Уже к августу 1941 года СССР проиграл войну. После разгрома Красной Армии в приграничном сражении Советская Россия была обречена. Россия должна была рухнуть - словно "колосс на глиняных ногах". Но Россия - устояла. Россия выжила. Потому что, как говорил Фридрих Великий: "Русского солдата мало убить - его надо еще и повалить". Эта страшная, горькая и светлая книга - о тех, кто осенью 41-го стоял насмерть. Кто продолжал сражаться без единого шанса остаться в живых. Кто, даже умирая, так и не признал себя побежденным. Этот роман - о русских солдатах, живых и мертвых. О тех, кто даже той гиблой осенью не сломался в мясорубке отчаянных боев, не сдался в кровавом аду окружений. О тех, кто победил в безнадежно проигранной войне.

Иван Кошкин

Историческая проза18+

НА СВОЕЙ ЗЕМЛЕ

— Ну, каша, — прохрипел Безуглый, остановившись, чтобы заменить диск в пулемете. — Слышь, комбат, похоже, дивизии — каюк.

Старший лейтенант прислонился к березе, пытаясь восстановить дыхание, перед глазами все плавало, ноги подгибались.
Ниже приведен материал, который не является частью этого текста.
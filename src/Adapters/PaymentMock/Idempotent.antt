-- ===== src/Adapters/PaymentMock/Idempotent.antt =====
-- One charge for each key: `charge` of app/adapters/payment_mock.py.
use canals_assessment.Prelude.{
  String, ◌≡◌, refl, ap, ◌∙◌, Bool-cases, false, none, some, List, [], ◌∷◌, ◌++◌, map, arith,
  str_eq, eq_iff, head?, All, All-append, Option-cases, inl, inr,
}
use canals_assessment.Prelude.Sorting.{Pairwise}
use canals_assessment.Domain.Values.{PaymentResult}
use canals_assessment.Sql.{select_rows}
use canals_assessment.Services.Checkout.{Charge}
use canals_assessment.Adapters.PaymentMock.{
  MockPaymentProvider, has_result, get_by_idempotency_key, charge, charged, outcome_of, plain,
}
use mathlib.Core.List.{map-append}

-- The keys of the recorded results.
abbrev pub recorded : MockPaymentProvider → List String
recorded self = map (λ e. e.0) self.results

-- The log of charges names the keys of the recorded results, each once.
pub record IsConsistent (self : MockPaymentProvider) : Type 0 where
  pub logged : self.charged_keys ≡ recorded self
  pub once : Pairwise (λ a b. str_eq a b ≡ false) self.charged_keys

-- The provider after a charge under a new key.
abbrev charge_new : MockPaymentProvider → Charge → MockPaymentProvider
charge_new self c = record {
  charged_keys = self.charged_keys ++ c.idempotency_key ∷ [];
  results = self.results ++ (c.idempotency_key, outcome_of (plain c.card) c.idempotency_key) ∷ [];
}

charge_fresh :
    (self : MockPaymentProvider) (c : Charge)
    → get_by_idempotency_key self c.idempotency_key ≡ none
    → charge self c ≡ (outcome_of (plain c.card) c.idempotency_key, charge_new self c)
unfolding charge charged
charge_fresh self c h = rw h refl

get_charged :
    (self : MockPaymentProvider) (c : Charge) (r : PaymentResult)
    → get_by_idempotency_key self c.idempotency_key ≡ none
    → get_by_idempotency_key
        (record {
          charged_keys = self.charged_keys ++ c.idempotency_key ∷ [];
          results = self.results ++ (c.idempotency_key, r) ∷ [];
        })
        c.idempotency_key
      ≡ some r
unfolding get_by_idempotency_key
get_charged self c r h = go self.results h
  where
    go :
        (es : List (String × PaymentResult))
        → head? (map (λ e. e.1) (select_rows (has_result c.idempotency_key) es)) ≡ none
        → head? (
            map
              (λ e. e.1)
              (select_rows (has_result c.idempotency_key) (es ++ (c.idempotency_key, r) ∷ [])))
          ≡ some r
    go [] h = ground (arith, (eq_iff c.idempotency_key c.idempotency_key).1 refl)
    go (e ∷ es) h = ground (arith, go es)

charge_found :
    (self : MockPaymentProvider) (c : Charge) (r : PaymentResult)
    → get_by_idempotency_key self c.idempotency_key ≡ some r
    → charge self c ≡ (r, self)
unfolding charge charged
charge_found self c r h = rw h refl

-- What is recorded under a key stays, whatever is charged.
get-charge :
    (self : MockPaymentProvider) (c : Charge) (key : String) (r : PaymentResult)
    → get_by_idempotency_key self key ≡ some r
    → get_by_idempotency_key (charge self c).1 key ≡ some r
unfolding get_by_idempotency_key
get-charge self c key r h = elim (Option-cases (get_by_idempotency_key self c.idempotency_key)) [
  | inr (x, found) ↦ rw (charge_found self c x found) h
  | inl fresh ↦
      rw (charge_fresh self c fresh)
        (kept self.results (c.idempotency_key, outcome_of (plain c.card) c.idempotency_key) h)
]
  where
    kept :
        (es : List (String × PaymentResult)) (new : String × PaymentResult)
        → head? (map (λ e. e.1) (select_rows (has_result key) es)) ≡ some r
        → head? (map (λ e. e.1) (select_rows (has_result key) (es ++ new ∷ []))) ≡ some r
    kept [] new h = cc
    kept (e ∷ es) new h = ground (arith, h, kept es new)

-- A sequence of charges, each with its own key.
abbrev pub charge_all : MockPaymentProvider → List Charge → MockPaymentProvider
charge_all self [] = self
charge_all self (c ∷ cs) = charge_all (charge self c).1 cs

get-charge_all :
    (self : MockPaymentProvider) (cs : List Charge) (key : String) (r : PaymentResult)
    → get_by_idempotency_key self key ≡ some r
    → get_by_idempotency_key (charge_all self cs) key ≡ some r
get-charge_all self [] key r h = h
get-charge_all self (c ∷ cs) key r h =
    get-charge_all (charge self c).1 cs key r (get-charge self c key r h)

-- A charge's result is what its key has afterwards.
get-charged :
    (self : MockPaymentProvider) (c : Charge)
    → get_by_idempotency_key (charge self c).1 c.idempotency_key ≡ some (charge self c).0
get-charged self c = elim (Option-cases (get_by_idempotency_key self c.idempotency_key)) [
  | inl fresh ↦
      rw (charge_fresh self c fresh)
        (get_charged self c (outcome_of (plain c.card) c.idempotency_key) fresh)
  | inr (r, found) ↦ rw (charge_found self c r found) found
]

-- Whatever is charged after a charge, under its key or others: `get_by_idempotency_key` answers with
-- that charge's result, and a further charge under its key, whatever its card and its amount, gets the
-- same result and changes nothing.
pub charge_twice :
    (self : MockPaymentProvider) (c d : Charge) (others : List Charge)
    → d.idempotency_key ≡ c.idempotency_key
    → (get_by_idempotency_key (charge_all (charge self c).1 others) c.idempotency_key
        ≡ some (charge self c).0)
      × (charge (charge_all (charge self c).1 others) d
          ≡ ((charge self c).0, charge_all (charge self c).1 others))
charge_twice self c d others same =
    let later = charge_all (charge self c).1 others in
    let there =
      get-charge_all (charge self c).1 others c.idempotency_key (charge self c).0
        (get-charged self c) in
    (there, charge_found later d (charge self c).0 (ap (get_by_idempotency_key later) same ∙ there))

logged_keys :
    (xs : List (String × PaymentResult)) (k : String) (r : PaymentResult)
    → map (λ e. e.0) (xs ++ (k, r) ∷ []) ≡ map (λ e. e.0) xs ++ k ∷ []
logged_keys xs k r = map-append (λ e. e.0) xs ((k, r) ∷ [])

-- A key without a result is not among the recorded ones.
unrecorded :
    (es : List (String × PaymentResult)) (key : String)
    → head? (map (λ e. e.1) (select_rows (has_result key) es)) ≡ none
    → All (λ k. str_eq k key ≡ false) (map (λ e. e.0) es)
unrecorded [] key h = tt
unrecorded (e ∷ es) key h = elim (Bool-cases (has_result key e)) [
  | inl t ↦ cc
  | inr f ↦ (f, unrecorded es key (rw f at h))
]

Pairwise-add :
    (ks : List String) (key : String)
    → All (λ k. str_eq k key ≡ false) ks
    → Pairwise (λ a b. str_eq a b ≡ false) ks
    → Pairwise (λ a b. str_eq a b ≡ false) (ks ++ key ∷ [])
Pairwise-add [] key h p = (tt, tt)
Pairwise-add (k ∷ ks) key h p =
    (All-append (λ b. str_eq k b ≡ false) ks (key ∷ []) p.0 (h.0, tt), Pairwise-add ks key h.1 p.1)

-- Whatever is charged, the log names each key once, and just the keys whose result is recorded, if
-- that was so before.
pub charge-IsConsistent :
    (self : MockPaymentProvider) (c : Charge) → IsConsistent self → IsConsistent (charge self c).1
unfolding get_by_idempotency_key
charge-IsConsistent self c h = elim (Option-cases (get_by_idempotency_key self c.idempotency_key)) [
  | inr (r, found) ↦ rw (charge_found self c r found) h
  | inl fresh ↦ rw (charge_fresh self c fresh) (record {
    logged =
        rw
          (
            h.logged,
            logged_keys self.results c.idempotency_key
                (outcome_of (plain c.card) c.idempotency_key),
          )
          refl;
    once =
        Pairwise-add self.charged_keys c.idempotency_key
          (rw h.logged (unrecorded self.results c.idempotency_key fresh)) h.once;
  })
]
Они бежали через перепаханный снарядами лес, в котором еще утром располагались позиции 328–й стрелковой, и всюду видели только смерть, разрушение и хаос. Горящие автомобили, перевернутые повозки, убитые лошади и убитые люди. Бой гремел уже не только за спиной — стрельба и рев моторов доносились откуда–то слева. Петров чувствовал, что задыхается, люто болела обожженная спина, он не помнил, как Осокин забрал у него пулемет, ставший вдруг невыносимо тяжелым. Несколько раз по ним стреляли из–за деревьев, и радист на бегу огрызался длинными очередями из своего ДТ.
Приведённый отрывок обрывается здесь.